Journal Volume 3 2000

Places of Worship in Greystones (continued/1)

Hillside Evangelical Church

Hillside Evangelical Church is a modern place of worship joined onto an edifice dating from the early years of the last century. Let us deal with the older and more historic building first, prefixing a few facts about the origin and history of the Brethren. The Christian Brethren were originally known as Plymouth Brethren or Darbyites, after John Nelson Darby (1800-1882), a Dublin University graduate and a barrister who took orders in the then Established Church and who served as curate of Calary, Co. Wicklow, until doubts about the scriptural nature of church establishments caused him to demit his charge.

Darby (who, I've heard, was given his second name Nelson in honour of the Great Horatio) became acquainted with Anthony Norris Groves (1795- 1853), a dentist who had also studied general surgery and who was attending Trinity College, Dublin, with a view to entering the ministry. Groves is said to have been then in the act of founding a worshipping society called 'The Brethren', whose tenets were based on the rejection of all ecclesiastical forms and denominational distinctions. He openly stated his views respecting Christians meeting together in brotherhood with no other doctrinal belief than faith in Christ.

Hillside Evangelical Church, Greystones

Darby joined with Grovesand others in the movement and in 1828 issued his first pamphlet, The nature and unity of the church of Christ. The publication made quite an impact, swelled the ranks of the Brethren and eventuated in the opening at Aungier Street, Dublin, in 1830 of a public 'assembly'. To promulgate the Brethren's views Darby visited Paris, Cambridge and Oxford, proceeding thence to Plymouth (where the Brethren's first meeting place was Providence Chapel): from this circumstance seems to have derived the name ''PlymouthBrethren'. The Brethren gained numerous converts, many of them of high social position; but divisions and controversy led to a separation of the 'Open' from the 'Exclusive' Brethren. The movement continues strong in several countries, including Ireland. The Christian Brethren stand for a simple, world-renouncing piety, regard the Bible as infallible, look for the speedy second coming of Christ, reject a professional ordained ministry and 'break bread' together weekly, in memory of the death of Christ. Each local 'meeting' is regarded as autonomous under the guidance of the Holy Spirit.

The Brethren were established in Greystones in 1905. Very much to the fore in that work was Charles Louis Matheson, KC, of 20 FitzwilliamSquare, Dublin, and Nirvana, Greystones. His name is perpetuated in that of the Dublin legal firm Matheson Ormsby Prentice. Matheson became recorder of Belfast and, dying there on 20 May 1921, was buried in Redford cemetery, Ennis's Lane. He was a near-relation of Cherrie Matheson*, one-time sweetheart of John Millington Synge (1871-1909), the playwright, poet and prose writer. The young people met in Greystones, where Synge spent much of his childhood and adolescence. They parted because of Synge's youthful agnosticism, Cherrie afterwards becoming Mrs Kenneth Houghton.
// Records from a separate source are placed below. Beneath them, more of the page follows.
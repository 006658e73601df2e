-- ===== src/Schemas/Amounts.antt =====
-- The amounts that app/schemas/transfer.py accepts.
use pstu_hack_final.Common.{
  ℕ, zero, suc, ◌+◌, ◌-◌, ◌*◌, ◌/◌, ◌%◌, ◌≤◌, ◌<◌, ◌≡◌, refl, subst, inl, inr, false, some, [], ◌∷◌,
  ◌++◌, arith, leb, length, All, Bool-cases, Option-cases,
}
use pstu_hack_final.Common.Int.{ℤ, pos, ◌≤ℤ◌}
use pstu_hack_final.Common.Text.{Text}
use pstu_hack_final.Db.Checks.{overflows}
use pstu_hack_final.Common.Decimal.{
  read_digits-digits, length-digits_pos, length-digits_le, is_digit, read_digits, digits-IsDigit,
  IsDigit, digits, power_of_ten,
}
use pstu_hack_final.Schemas.{
  integer_text, within, hundredths, read_fraction, AmountInput, span_digits, plain_decimal,
  read_amount, money_amount,
}
use pstu_hack_final.Common.White.{strip, strip-ink, IsInk, is_space}

-- The usual notation of an amount of hundredths.
unfoldable pub amount_text : ℕ → Text
amount_text n = digits (n / 100) ++ 46 ∷ (48 + n / 10 % 10) ∷ (48 + n % 10) ∷ []

digit-IsInk : (c : ℕ) → IsDigit c → IsInk c
unfolding is_space
digit-IsInk c h = ground arith

All-append : (P : ℕ → Type 0) (s t : Text) → All P s → All P t → All P (s ++ t)
All-append P [] t a b = b
All-append P (c ∷ s) t a b = (a.0, All-append P s t a.1 b)

All-imp_text : (P Q : ℕ → Type 0) (s : Text) → ((c : ℕ) → P c → Q c) → All P s → All Q s
All-imp_text P Q [] f a = tt
All-imp_text P Q (c ∷ s) f a = (f c a.0, All-imp_text P Q s f a.1)

amount_text-IsInk : (n : ℕ) → All IsInk (amount_text n)
unfolding amount_text is_space
amount_text-IsInk n =
    All-append IsInk (digits (n / 100)) _
      (All-imp_text IsDigit IsInk (digits (n / 100)) digit-IsInk (digits-IsDigit (n / 100)))
      (
        refl,
        (
          digit-IsInk (48 + n / 10 % 10) (ground arith),
          (digit-IsInk (48 + n % 10) (ground arith), tt),
        ),
      )

span_digits-append : (s t : Text) → All IsDigit s → span_digits (s ++ 46 ∷ t) ≡ (s, 46 ∷ t)
span_digits-append [] t a = refl
span_digits-append (c ∷ s) t a = ground (arith, span_digits-append s t a.1)

span_digits-IsDigit : (s : Text) → All IsDigit (span_digits s).0
span_digits-IsDigit [] = tt
span_digits-IsDigit (c ∷ s) = elim (Bool-cases (is_digit c)) [
  | inl e ↦ rw e (e, span_digits-IsDigit s)
  | inr e ↦ rw e tt
]

read_amount-amount_text : (n : ℕ) → n < power_of_ten 15 → read_amount (amount_text n) ≡ some n
unfolding read_amount amount_text
read_amount-amount_text n h =
    let whole = digits (n / 100) in
    let tail = (48 + n / 10 % 10) ∷ (48 + n % 10) ∷ [] in
    let split = span_digits-append whole tail (digits-IsDigit (n / 100)) in
    let longest = length-digits_le (n / 100) 12 (omega arith) in
    rw split (ground (arith, longest, length-digits_pos (n / 100), read_digits-digits (n / 100)))

-- An amount above zero that the columns can hold, in its usual notation, is accepted for what it is.
pub money_amount-amount_text :
    (n : ℕ)
    → 0 < n
    → n < power_of_ten 15
    → money_amount (AmountInput.text (amount_text n)) ≡ some (pos n)
unfolding money_amount plain_decimal
money_amount-amount_text n h k =
    ground (arith, strip-ink (amount_text n) (amount_text-IsInk n), read_amount-amount_text n k)

power_of_ten_mono : (a b : ℕ) → a ≤ b → power_of_ten a ≤ power_of_ten b
power_of_ten_mono zero zero h = omega arith
power_of_ten_mono zero (suc b) h = omega (arith, power_of_ten_mono zero b)
power_of_ten_mono (suc a) zero h = absurd (omega arith)
power_of_ten_mono (suc a) (suc b) h = omega (arith, power_of_ten_mono a b)

read_digits-lt :
    (s : Text) (n j : ℕ)
    → All IsDigit s
    → n < power_of_ten j
    → read_digits n s < power_of_ten (length s + j)
read_digits-lt [] n j a h = subst (λ k. n < power_of_ten k) {x = j} {y = 0 + j} (omega arith) h
read_digits-lt (c ∷ s) n j a h =
    let same : length s + suc j ≡ suc (length s) + j = omega arith in
    subst (λ k. read_digits (n * 10 + (c - 48)) s < power_of_ten k) same
      (read_digits-lt s (n * 10 + (c - 48)) (suc j) a.1 (ground arith))

read_digits-bound :
    (s : Text) (k : ℕ) → All IsDigit s → length s ≤ k → read_digits 0 s < power_of_ten k
read_digits-bound s k a h =
    let l = read_digits-lt s 0 0 a (omega arith) in
    let m = power_of_ten_mono (length s) k h in
    omega (
      arith,
      subst (λ i. read_digits 0 s < power_of_ten i) {x = length s + 0} {y = length s} (omega arith)
          l,
      m,
    )

hundredths-lt : (s : Text) → All IsDigit s → length s ≤ 2 → hundredths s < 100
hundredths-lt [] a h = omega arith
hundredths-lt (c ∷ []) a h = ground (arith, a.0)
hundredths-lt (c ∷ d ∷ []) a h = read_digits-bound (c ∷ d ∷ []) 2 a (omega arith)
hundredths-lt (c ∷ d ∷ e ∷ s) a h = absurd (omega arith)

read_fraction-lt :
    (w n : ℕ) (s : Text) → w < power_of_ten 13 → read_fraction w s ≡ some n → n < power_of_ten 15
read_fraction-lt w n [] h e = ground arith
read_fraction-lt w n (c ∷ s) h e =
    let digit = span_digits-IsDigit s in
    elim (Bool-cases (leb (length (span_digits s).0) 2)) [
      | inl l ↦
          let small = hundredths-lt (span_digits s).0 digit (ground arith) in ground (arith, small)
      | inr l ↦ ground arith
    ]

read_amount-lt : (s : Text) (n : ℕ) → read_amount s ≡ some n → n < power_of_ten 15
unfolding read_amount
read_amount-lt s n e = elim (Bool-cases (within 1 13 (span_digits s).0)) [
  | inl l ↦
      let whole = read_digits-bound (span_digits s).0 13 (span_digits-IsDigit s) (ground arith) in
      read_fraction-lt (read_digits 0 (span_digits s).0) n (span_digits s).1 whole (ground arith)
  | inr l ↦ ground arith
]

plain_decimal-lt : (v : AmountInput) (n : ℕ) → plain_decimal v ≡ some n → n < power_of_ten 15
unfolding plain_decimal
plain_decimal-lt (AmountInput.decimal s) n e = read_amount-lt (strip s) n e
plain_decimal-lt (AmountInput.text s) n e = read_amount-lt (strip s) n e
plain_decimal-lt (AmountInput.integer z) n e = read_amount-lt (strip (integer_text z)) n e
plain_decimal-lt (AmountInput.boolean b) n e = cc
plain_decimal-lt AmountInput.other n e = cc

-- Whatever a body gives as its amount, an accepted amount is at least one hundredth and fits NUMERIC(15,2).
pub money_amount_bounds :
    (v : AmountInput) (a : ℤ) → money_amount v ≡ some a → (pos 1 ≤ℤ a) × (overflows a ≡ false)
unfolding money_amount
money_amount_bounds v a e = elim (Option-cases (plain_decimal v)) [
  | inl o ↦ ground arith
  | inr (n, o) ↦ let l = plain_decimal-lt v n o in ground (arith, l)
]
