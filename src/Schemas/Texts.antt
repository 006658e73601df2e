-- ===== src/Schemas/Texts.antt =====
-- The free text that app/schemas/transfer.py accepts: notes and names.
use pstu_hack_final.Common.{
  ℕ, ◌≤◌, ◌≡◌, refl, ap, subst, ◌≢◌, inl, inr, Bool, false, some, List, [], ◌∷◌, arith, length, any,
  All, Bool-cases,
}
use pstu_hack_final.Common.Text.{Text}
use pstu_hack_final.Common.White.{
  IsInk, IsWord, is_space, length-join-words, words-IsWord, words-join_words, All-words,
  All-join_words, words, join_words,
}
use pstu_hack_final.Schemas.{is_control, clean_free_text, non_empty}

-- As the code tests it.
abbrev pub IsPlain : ℕ → Type 0
IsPlain c = is_control c ≡ false

any-false : (p : ℕ → Bool) (s : Text) → any p s ≡ false → All (λ c. p c ≡ false) s
any-false p [] h = tt
any-false p (c ∷ s) h = elim (Bool-cases (p c)) [
  | inl e ↦ absurd (ground arith)
  | inr e ↦ (e, any-false p s (ground arith))
]

false-any : (p : ℕ → Bool) (s : Text) → All (λ c. p c ≡ false) s → any p s ≡ false
false-any p [] a = refl
false-any p (c ∷ s) a = ground (arith, a.0, false-any p s a.1)

non_empty-cases : (s t : Text) → non_empty s ≡ some t → (t ≢ []) × (s ≡ t)
non_empty-cases [] t h = absurd cc
non_empty-cases (c ∷ s) t h = (λ e. cc, cc)

non_empty-kept : (s : Text) → s ≢ [] → non_empty s ≡ some s
non_empty-kept [] h = absurd (h refl)
non_empty-kept (c ∷ s) h = refl

-- No control character of ASCII.
abbrev pub IsPrintable : ℕ → Type 0
IsPrintable c = (32 ≤ c) × (c ≢ 127)

plain-IsPrintable : (c : ℕ) → IsPlain c → IsInk c → IsPrintable c
unfolding is_space
plain-IsPrintable c p i = (ground arith, λ e. ground arith)

All-IsPrintable : (w : Text) → All IsPlain w → All IsInk w → All IsPrintable w
All-IsPrintable [] p i = tt
All-IsPrintable (c ∷ w) p i = (plain-IsPrintable c p.0 i.0, All-IsPrintable w p.1 i.1)

words-IsPrintable :
    (ws : List Text) → All (All IsPlain) ws → All IsWord ws → All (All IsPrintable) ws
words-IsPrintable [] p i = tt
words-IsPrintable (w ∷ ws) p i = (All-IsPrintable w p.0 i.0.1, words-IsPrintable ws p.1 i.1)

-- What is accepted of a free text has no control character of ASCII left, line breaks and tabs included, is not blank and is no longer than what was sent, and cleaning it again changes nothing.
pub clean_free_text_lem :
    (v t : Text)
    → clean_free_text (some v) ≡ some (some t)
    → All IsPrintable t
      × (t ≢ [])
      × (length t ≤ length v)
      × (clean_free_text (some t) ≡ some (some t))
unfolding clean_free_text
clean_free_text_lem v t h = elim (Bool-cases (any is_control v)) [
  | inl e ↦ absurd (ground arith)
  | inr e ↦
      let parts = non_empty-cases (join_words (words v)) t (ground arith) in
      let plain =
        subst (All IsPlain) (parts.1) (
          All-join_words IsPlain (words v) refl (All-words IsPlain v (any-false is_control v e))) in
      let kept = subst (All IsPrintable) (parts.1) (
        All-join_words IsPrintable (words v) (omega arith, λ h. ground arith)
          (words-IsPrintable (words v) (All-words IsPlain v (any-false is_control v e))
            (words-IsWord v))) in
      let same =
        subst (λ s. join_words (words s) ≡ s) parts.1
          (ap join_words (words-join_words (words v) (words-IsWord v))) in
      let short = subst (λ s. length s ≤ length v) parts.1 (length-join-words v) in
      (kept, parts.0, short, rw (false-any is_control t plain, same, non_empty-kept t parts.0) refl)
]
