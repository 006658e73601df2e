-- ===== src/Schemas/Fits.antt =====
-- Accepted bodies against the column types of the database: the lengths of app/schemas are within
-- those of the migration.
use pstu_hack_final.Common.{
  ℕ, ◌≡◌, refl, ◌≢◌, inl, inr, Bool, true, false, ◌&&◌, ◌||◌, not, Option, none, some, List, [],
  ◌∷◌, arith, leb, length, All, Bool-cases, Option-cases,
}
use pstu_hack_final.Common.Int.{pos, leb_ℤ}
use pstu_hack_final.Common.Text.{Text}
use pstu_hack_final.Db.Checks.{
  transaction_integrity, first_of, overflows, transaction_violation, too_long,
}
use pstu_hack_final.Schemas.Amounts.{money_amount_bounds}
use pstu_hack_final.Db.Tables.{Tables}
use pstu_hack_final.Ledger.{pending_transaction, Posting}
use pstu_hack_final.Env.{Env}
use pstu_hack_final.Security.{length-make_reference, make_reference}
use pstu_hack_final.Schemas.Texts.{clean_free_text_lem}
use pstu_hack_final.Schemas.{
  full_name, no_extra, is_pin, money_amount, TransferFields, within, clean_free_text,
  TransferRequest, is_phone, check_transfer, clean_note,
}
use pstu_hack_final.Errors.{Constraint, Exn}

-- `DataError`: a value that its column's type cannot hold. It is no IntegrityError, so no handler
-- of the services catches it.
abbrev pub is_data_error : Option Exn → Bool
is_data_error (some Exn.out_of_range) = true
is_data_error (some Exn.value_too_long) = true
is_data_error e = false

pub length-phone : (s : Text) → is_phone s ≡ true → length s ≡ 11
unfolding is_phone
length-phone [] h = cc
length-phone (a ∷ []) h = cc
length-phone (a ∷ b ∷ []) h = cc
length-phone (a ∷ b ∷ c ∷ s) h = ground arith

note-fits : (v n : Option Text) → clean_note v ≡ some n → too_long 255 n ≡ false
unfolding clean_note clean_free_text
note-fits v none h = refl
note-fits none (some t) h = absurd cc
note-fits (some v) (some t) h = elim (Bool-cases (leb (length v) 255)) [
  | inl e ↦ let l = clean_free_text_lem v t (ground arith) in ground (arith, l.2)
  | inr e ↦ absurd (ground arith)
]

pub name-fits : (v t : Text) → full_name v ≡ some t → too_long 100 (some t) ≡ false
unfolding full_name
name-fits v t h = elim (Bool-cases (within 2 100 v)) [
  | inl e ↦ elim (Option-cases (clean_free_text (some v))) [
    | inl o ↦ absurd (ground arith)
    | inr (n, o) ↦ let l = clean_free_text_lem v t (ground arith) in ground (arith, l.2)
  ]
  | inr e ↦ absurd (ground arith)
]

check_transfer-parts :
    (r : TransferRequest) (f : TransferFields)
    → check_transfer r ≡ some f
    → (is_phone f.recipient_phone ≡ true)
      × (money_amount r.amount ≡ some f.amount)
      × (clean_note r.note ≡ some f.note)
      × (is_pin f.pin ≡ true)
unfolding check_transfer
check_transfer-parts r f h =
    elim (Bool-cases (no_extra r.extra && is_phone r.recipient_phone && is_pin r.pin)) [
      | inl e ↦ elim (Option-cases (money_amount r.amount)) [
        | inl o ↦ absurd (ground arith)
        | inr (a, o) ↦ elim (Option-cases (clean_note r.note)) [
          | inl p ↦ absurd (ground arith)
          | inr (n, p) ↦ ground arith
        ]
      ]
      | inr e ↦ absurd (ground arith)
    ]

-- An exception that neither names an overlong value nor the check of the amount.
abbrev is_later : Exn → Bool
is_later (Exn.integrity Constraint.amount_positive) = false
is_later e = not (is_data_error (some e))

first_of-later :
    (cs : List (Bool × Exn))
    → All (λ c. is_later c.1 ≡ true) cs
    → (is_data_error (first_of cs) ≡ false)
      × (first_of cs ≢ some (Exn.integrity Constraint.amount_positive))
first_of-later [] a = (refl, λ e. cc)
first_of-later ((true, x) ∷ cs) a = (ground (arith, a.0), λ e. absurd (ground (arith, a.0)))
first_of-later ((false, x) ∷ cs) a = first_of-later cs a.1

refused_later :
    (a b c : Bool) (cs : List (Bool × Exn))
    → a ≡ false
    → b ≡ false
    → c ≡ false
    → All (λ x. is_later x.1 ≡ true) cs
    → (is_data_error (
          first_of (
            (a, Exn.out_of_range)
            ∷ (b, Exn.value_too_long)
            ∷ (c, Exn.integrity Constraint.amount_positive)
            ∷ cs))
        ≡ false)
      × (first_of (
            (a, Exn.out_of_range)
            ∷ (b, Exn.value_too_long)
            ∷ (c, Exn.integrity Constraint.amount_positive)
            ∷ cs)
          ≢ some (Exn.integrity Constraint.amount_positive))
refused_later a b c cs x y z l = rw (x, y, z) (first_of-later cs l)

-- The transaction row of an accepted transfer body never meets a value that its column cannot hold, nor the check of a positive amount, given a header of at most 64 characters and a reference of 8 draws.
pub check_transfer-transaction_violation :
    (r : TransferRequest) (f : TransferFields) (env : Env) (id : ℕ) (p : Posting) (d : Tables)
    → check_transfer r ≡ some f
    → p.amount ≡ f.amount
    → p.note ≡ f.note
    → length env.draws ≡ 8
    → too_long 64 p.idempotency_key ≡ false
    → (is_data_error (transaction_violation (pending_transaction env id p) d) ≡ false)
      × (transaction_violation (pending_transaction env id p) d
          ≢ some (Exn.integrity Constraint.amount_positive))
unfolding transaction_violation
check_transfer-transaction_violation r f env id p d h a n k l =
    let parts = check_transfer-parts r f h in
    let bounds = money_amount_bounds r.amount f.amount parts.1 in
    let fits = note-fits r.note f.note parts.2 in
    let reference = length-make_reference env.draws in
    let row = pending_transaction env id p in
    refused_later (overflows p.amount)
      (too_long 20 (some (make_reference env.draws))
        || too_long 255 p.note
        || too_long 64 p.idempotency_key)
      (leb_ℤ p.amount (pos 0)) (transaction_integrity row d) (ground (arith, bounds))
      (ground (arith, fits, reference)) (ground (arith, bounds))
      (refl, (refl, (refl, (refl, (refl, (refl, tt))))))
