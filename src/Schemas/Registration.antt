-- ===== src/Schemas/Registration.antt =====
-- An accepted registration body (app/schemas/auth.py) against the table of users.
use pstu_hack_final.Common.{
  ℕ, ◌≡◌, inl, inr, true, false, ◌&&◌, not, none, some, arith, ◌==◌, if◌then◌else◌, length, any,
  is_some, Bool-cases, Option-cases, any-eq-is_some,
}
use pstu_hack_final.Common.Text.{Text, text_eq}
use pstu_hack_final.Errors.{Constraint, Exn}
use pstu_hack_final.Env.{Env}
use pstu_hack_final.Security.{hash_secret, Bcrypt}
use pstu_hack_final.Auth.{user_row, NewUser}
use pstu_hack_final.Db.Tables.{Tables, find_phone}
use pstu_hack_final.Schemas.{
  is_trivial_pin, is_pin, is_password, full_name, is_phone, check_registration,
}
use pstu_hack_final.Db.Checks.{user_violation}
use pstu_hack_final.Schemas.Fits.{length-phone, name-fits}

check_registration-parts :
    (r n : NewUser)
    → check_registration r ≡ some n
    → (is_phone n.phone ≡ true) × (full_name r.full_name ≡ some n.full_name)
unfolding check_registration
check_registration-parts r n h =
    elim (Bool-cases
      (is_phone r.phone && is_password r.password && is_pin r.pin && not (is_trivial_pin r.pin))) [
        | inl e ↦ elim (Option-cases (full_name r.full_name)) [
          | inl o ↦ absurd (ground arith)
          | inr (t, o) ↦ ground arith
        ]
        | inr e ↦ absurd (ground arith)
      ]

-- The row that an accepted registration inserts is refused exactly when its phone is registered, and then by the constraint that the service reads as such, if its id is new and bcrypt's hashes have 60 characters, as they do.
pub check_registration-user_violation :
    (r n : NewUser) (lib : Bcrypt) (env : Env) (d : Tables)
    → check_registration r ≡ some n
    → ((salt : ℕ) (raw : Text) → length (lib.hashpw salt raw) ≡ 60)
    → any (λ x. x.id == env.uuid 0) d.users ≡ false
    → user_violation (user_row lib env n) d ≡ (
        if is_some (find_phone n.phone d.users)
        then some (Exn.integrity Constraint.users_phone_key)
        else none)
unfolding user_violation hash_secret
check_registration-user_violation r n lib env d h sixty i =
    let parts = check_registration-parts r n h in
    let phone = length-phone n.phone parts.0 in
    let name = name-fits r.full_name n.full_name parts.1 in
    let same = any-eq-is_some (λ x. text_eq x.phone n.phone) d.users in
    let password = sixty (env.salt 0) n.password in
    let pin = sixty (env.salt 1) n.pin in ground (arith, phone, name, same, password, pin, i)
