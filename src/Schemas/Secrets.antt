-- ===== src/Schemas/Secrets.antt =====
-- The secrets that app/schemas/auth.py accepts, and the bytes that app/core/security.py makes of
-- them.
use pstu_hack_final.Common.{
  ℕ, zero, suc, ◌+◌, ◌*◌, ◌≤◌, ◌<◌, ◌≡◌, refl, true, [], ◌∷◌, arith, ltb, if◌then◌else◌, length,
  All,
}
use pstu_hack_final.Common.Text.{repeated, Text}
use pstu_hack_final.Common.White.{strip-ink, IsInk}
use pstu_hack_final.Schemas.{is_password}

-- The number of bytes of one character in UTF-8.
abbrev pub utf8_bytes : ℕ → ℕ
utf8_bytes c = if ltb c 128 then 1 else if ltb c 2048 then 2 else if ltb c 65536 then 3 else 4

-- `len(raw.encode("utf-8"))`
unfoldable pub utf8_length : Text → ℕ
utf8_length [] = 0
utf8_length (c ∷ s) = utf8_bytes c + utf8_length s

utf8_length-le : (s : Text) → utf8_length s ≤ 4 * length s
unfolding utf8_length
utf8_length-le [] = omega arith
utf8_length-le (c ∷ s) = ground (arith, utf8_length-le s)

length-repeated : (n c : ℕ) → length (repeated n c) ≡ n
length-repeated zero c = refl
length-repeated (suc n) c = omega (arith, length-repeated n c)

repeated-IsInk : (n c : ℕ) → IsInk c → All IsInk (repeated n c)
repeated-IsInk zero c h = tt
repeated-IsInk (suc n) c h = (h, repeated-IsInk n c h)

utf8_length-repeated : (n c : ℕ) → 128 ≤ c → c < 2048 → utf8_length (repeated n c) ≡ 2 * n
unfolding utf8_length
utf8_length-repeated zero c l h = omega arith
utf8_length-repeated (suc n) c l h = ground (arith, utf8_length-repeated n c l h)

-- An accepted password has at most four times 72 bytes.
pub utf8_length-is_password_le : (s : Text) → is_password s ≡ true → utf8_length s ≤ 288
unfolding is_password
utf8_length-is_password_le s h = ground (arith, utf8_length-le s)

-- The limit of 72 is on characters: 37 to 72 copies of any two-byte character other than a space are an accepted password of more than 72 bytes.
pub is_password-long :
    (n c : ℕ)
    → 37 ≤ n
    → n ≤ 72
    → 128 ≤ c
    → c < 2048
    → IsInk c
    → (is_password (repeated n c) ≡ true) × (72 < utf8_length (repeated n c))
unfolding is_password
is_password-long n c a b l h i =
    let long = length-repeated n c in
    let bytes = utf8_length-repeated n c l h in
    rw (strip-ink (repeated n c) (repeated-IsInk n c i))
      (ground (arith, long), omega (arith, bytes))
Other leading Greystones members of the Brethren in the first decade of last century were William Digby Evans, who owned all the farmland on the present Hillside housing estate and whose son, daughter-in-law and grandchildren still worship here; Alexander Buckley, father of A Ross Buckley, retired veterinary surgeon, and of Mrs Joan Orr; the brothers Rochfort and Edwin Doyle; Samuel Kane, whose daughter Mrs Phoebe Pollock still lives in Greystones; another Evans and two men named Watson. A small group at the outset, they built Ebenezer Hall by their own labours in 1907. It served as the Brethren's place of worship until December 1984, when the new Hillside Evangelical Church was opened. The old building, which is in good condition, is still used: there is, of course, access to it from the new church. Indeed I recall that at the funeral of Eric Barrington, an elder of this church who was highly thought of by all classes here in Greystones and further afield, the old edifice was used to accommodate the large overflow attendance. Later that afternoon it served as a tea-room, where those people who had travelled a distance to the funeral were fed and refreshed.